Nikotin ve tütüne(sigara) ulaşma konusunda gençleri koruyacak yeni çalışmalar olacak mı?
Çokuluslu sigara şirketlerinin kirli taktikleri konusunda gençleri bilinçlendirmek ve onlardaki enerji ve başkaldırıyı çok uluslu sigara şirketlerine karşı yöneltmek etkili bir yol. Sigara endüstrisinin gerçek yüzünü deşifre eden kampanyalarımıza devam edeceğiz. Gençlere nasihat eder tarzda değil, gençlerin öncülüğünde kampanyalar yapmanın çok daha etkili olduğunu biliyoruz. Çalışmalarımız da bu prensibe uygun olacak. Bununla birlikte DSÖ yüksek vergilerle sigara fiyatlarını artırmayı çocuk ve gençleri korumada en etkili politika olarak öneriyor. Yüksek vergilendirme için savunuculuk faaliyetlerimiz devam edecek. 18 yaşın altına sigara satış yasağının çok daha sıkı denetlenmesinin ve bu yaş sınırının pek çok gelişmiş ülkede olduğu gibi 21’e çıkarılmasının da olumlu sonuçları olacağını düşünüyorum.

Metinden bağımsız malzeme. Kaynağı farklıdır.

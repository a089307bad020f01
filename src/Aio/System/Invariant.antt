-- ===== src/Aio/System/Invariant.antt =====
-- The invariant of a context of linux_aio, kept by each call and each move of the kernel.
use caio.Base.{
  ◌==◌, if◌then◌else◌, length, length-append, count, count-append, ℤ, Ref, Counts, ok, Arg,
  operation, ℕ, ◌+◌, ◌≤◌, ◌<◌, ◌≡◌, refl, ap, ◌∙◌, true, false, not, ◌&&◌, Option, none, some, List,
  [], ◌∷◌, ◌++◌, arith,
}
use caio.Aio.State.{Operation, World}
use caio.Aio.Submit.{Answer, check_types, submit}
use caio.Aio.Events.{Event, Python, settle, cancel_done, Kernel, EventArgs, process_events, cancel}
use caio.Aio.Submit.Outcome.{submit-Takes}
use caio.Aio.Events.Delivery.{
  Keeps, keys, settle_all, deliver-settle_all, deliver-finishes, deliver-others, deliver-refs,
  Gives, process_events-deliver,
}
use caio.Aio.Events.Balance.{taken, taken_new}
use caio.Aio.Events.Cancel.{settle-claim, cancel-Releases}
use caio.Aio.System.{System}

-- Whether an operation is in flight, and the context that it then holds.
abbrev pub flight : Operation → ℕ
flight o = if o.in_progress && not o.done then 1 else 0

abbrev pub holder : Ref → Operation → Option Ref
holder c o = if o.in_progress && not o.done then some c else none

-- In how many places an operation is: with the kernel, or in an event that is not collected.
abbrev pub places : Ref → List Ref → List Event → ℕ
places p working made = count p working + count p (keys made)

-- How many operations the context has.
abbrev pub in_flight : List Ref → List Event → ℕ
in_flight working made = length working + length made

-- The kernel, and for each operation the context, hold one reference each; `base` has the others.
pub record InvAt (base : Counts) (c : Ref) (w : World) (working : List Ref) (made : List Event)
    : Type 0 where
  pub fresh :
      (p : Ref)
      → (w.ops p).in_progress ≡ false
      → ((w.ops p).done ≡ false) × ((w.ops p).context ≡ none)
  pub held : (p : Ref) → (w.ops p).context ≡ holder c (w.ops p)
  pub one_place : (p : Ref) → places p working made ≡ flight (w.ops p)
  pub refs :
      (q : Ref)
      → w.refs q ≡ base q + places q working made + (if q == c then in_flight working made else 0)

abbrev pub Inv : Counts → Ref → System → Type 0
Inv base c s = InvAt base c s.world s.working s.made

pub count-keys :
    (q : Ref) (xs ys : List Event)
    → count q (keys (xs ++ ys)) ≡ count q (keys xs) + count q (keys ys)
count-keys q [] ys = omega arith
count-keys q (e ∷ es) ys = ground (arith, count-keys q es ys)

pub settle_all-claim :
    (es : List Event) (w : World) (q : Ref)
    → ((settle_all es w).ops q).in_progress ≡ (w.ops q).in_progress
settle_all-claim [] w q = refl
settle_all-claim (ev ∷ es) w q =
    settle_all-claim es (settle ev.data_ref ev.res w) q ∙ settle-claim ev.data_ref ev.res w q

module _ (base : Counts) (c : Ref) (w : World) (working : List Ref) (made : List Event)
    (inv : InvAt base c w working made) where
  pub submits-Inv :
      (io_submit : Ref → List Ref → Answer) (args : List Arg) (ps : List Ref)
      → ((w.ctxs c).ctx == 0) ≡ false
      → check_types args ≡ ok ps
      → InvAt base c
          (submit io_submit true (some c) (some args) w).1
          (working ++ taken io_submit c ps w)
          made
  submits-Inv io_submit args ps opened typed =
      let xs = taken io_submit c ps w in
      let t =
        (submit-Takes io_submit c args ps w (λ p idle. (inv.fresh p idle).1) opened typed).1 in
      let once = λ (p : Ref). taken_new io_submit c ps w p in
      record {
        fresh = λ p idle. ground (arith, t.in_progress p, t.context p, t.done p, inv.fresh p, idle);
        held = λ p.
            ground
              (arith, t.in_progress p, t.context p, t.done p, inv.held p, inv.fresh p, (once p).1);
        one_place = λ p. ground (
          arith,
          count-append p working xs,
          t.in_progress p,
          t.done p,
          inv.one_place p,
          inv.fresh p,
          (once p).0,
          (once p).1,
        );
        refs = λ q.
            ground
              (arith, t.refs q, inv.refs q, count-append q working xs, length-append working xs);
      }

  pub completes-Inv :
      (js ks : List Ref) (p : Ref) (res : ℤ)
      → working ≡ js ++ p ∷ ks
      → InvAt base c w (js ++ ks) (made ++ record { data_ref = p; res = res } ∷ [])
  completes-Inv js ks p res split =
      let ev : List Event = record { data_ref = p; res = res } ∷ [] in
      let before = λ (q : Ref). ap (count q) split ∙ count-append q js (p ∷ ks) in
      record {
        fresh = inv.fresh;
        held = inv.held;
        one_place = λ q.
            ground (arith, before q, count-append q js ks, count-keys q made ev, inv.one_place q);
        refs = λ q. ground (
          arith,
          before q,
          count-append q js ks,
          count-keys q made ev,
          ap length split ∙ length-append js (p ∷ ks),
          length-append js ks,
          length-append made ev,
          inv.refs q,
        );
      }

  pub collects-Inv :
      (k : Kernel) (py : Python) (args : EventArgs) (es rest : List Event)
      → Keeps py
      → Gives k c args es w w
      → made ≡ es ++ rest
      → InvAt base c (process_events k py true c (some args) w).1 working rest
  collects-Inv k py args es rest keeps gives split =
      let kept = λ (p : Ref).
        ap (λ f. (f p).in_progress) (deliver-settle_all py es w keeps) ∙ settle_all-claim es w p in
      let before = λ (p : Ref). ap (λ l. count p (keys l)) split ∙ count-keys p es rest in
      let once : (p : Ref) → count p (keys es) ≤ 1 =
        λ p. ground (arith, before p, inv.one_place p) in
      let context : (p : Ref) → 0 < count p (keys es) → (w.ops p).context ≡ some c =
        λ p inside. ground (arith, before p, inv.one_place p, inv.held p, inside) in
      rw (process_events-deliver k py c args es w w gives) (record {
        fresh = λ p idle.
            (let away : count p (keys es) ≡ 0 =
                ground (arith, before p, inv.one_place p, kept p, idle) in
              ground (arith, deliver-others py es w p keeps away, inv.fresh p, idle));
        held = λ p. ground (
          arith,
          deliver-finishes py es w p keeps,
          deliver-others py es w p keeps,
          inv.held p,
          kept p,
        );
        one_place = λ p. ground (
          arith,
          before p,
          deliver-finishes py es w p keeps,
          deliver-others py es w p keeps,
          inv.one_place p,
          kept p,
        );
        refs = λ q. ground (
          arith,
          before q,
          deliver-refs py c es w q keeps once context,
          ap length split ∙ length-append es rest,
          inv.refs q,
        );
      })

  pub cancels-Inv :
      (k : Kernel) (py : Python) (js ks : List Ref) (p : Ref) (res : ℤ)
      → Keeps py
      → ((w.ctxs c).ctx == 0) ≡ false
      → working ≡ js ++ p ∷ ks
      → k.io_cancel p w ≡ cancel_done res
      → InvAt base c (cancel k py (some c) (some (operation p)) w).1 (js ++ ks) made
  cancels-Inv k py js ks p res keeps opened split done =
      let r = cancel-Releases k py c p res w keeps opened done in
      let before = λ (q : Ref). ap (count q) split ∙ count-append q js (p ∷ ks) in
      let context : (w.ops p).context ≡ some c =
        ground (arith, before p, inv.one_place p, inv.held p) in
      record {
        fresh = λ q idle.
            ground (arith, before p, inv.one_place p, r.others q, r.claimed, inv.fresh q, idle);
        held = λ q. ground (arith, r.done, r.claimed, r.others q, inv.held q);
        one_place = λ q.
            ground (
              arith,
              before q,
              count-append q js ks,
              r.done,
              r.claimed,
              r.others q,
              inv.one_place q,
            );
        refs = λ q. ground (
          arith,
          before q,
          count-append q js ks,
          ap length split ∙ length-append js (p ∷ ks),
          length-append js ks,
          context,
          r.refs q,
          inv.refs q,
        );
      }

Okullarda farkındalığı arttırmak için çalışmalar yapılıyor mu?
Yeşilay, TBM (Türkiye Bağımlılıkla Mücadele) Eğitim Programı kapsamında okullarda farkındalık ve bilinçlendirme çalışmalarına devam ediyor. Bu programın çok da olumlu geri dönüşleri olduğunu biliyoruz.
M. PERVİN TUBA DURGUT KİMDİR?
1973 Rize doğumlu olan M. Pervin Tuba Durgut, lisans eğitimimi Marmara Üniversitesi Eczacılık Fakültesinde, yüksek lisans eğitimini İndiana Üniversitesinde Halk Sağlığı alanında tamamladı. Bağımlılıklarla mücadele özel ilgi ve çalışma alanlarının başında geliyor. M. Pervin Tuba Durgut, halen İstanbul milletvekili olarak TBMM Sağlık Aile Çalışma ve Sosyal İşler Komisyonu Başkanvekilliği görevini sürdürüyor.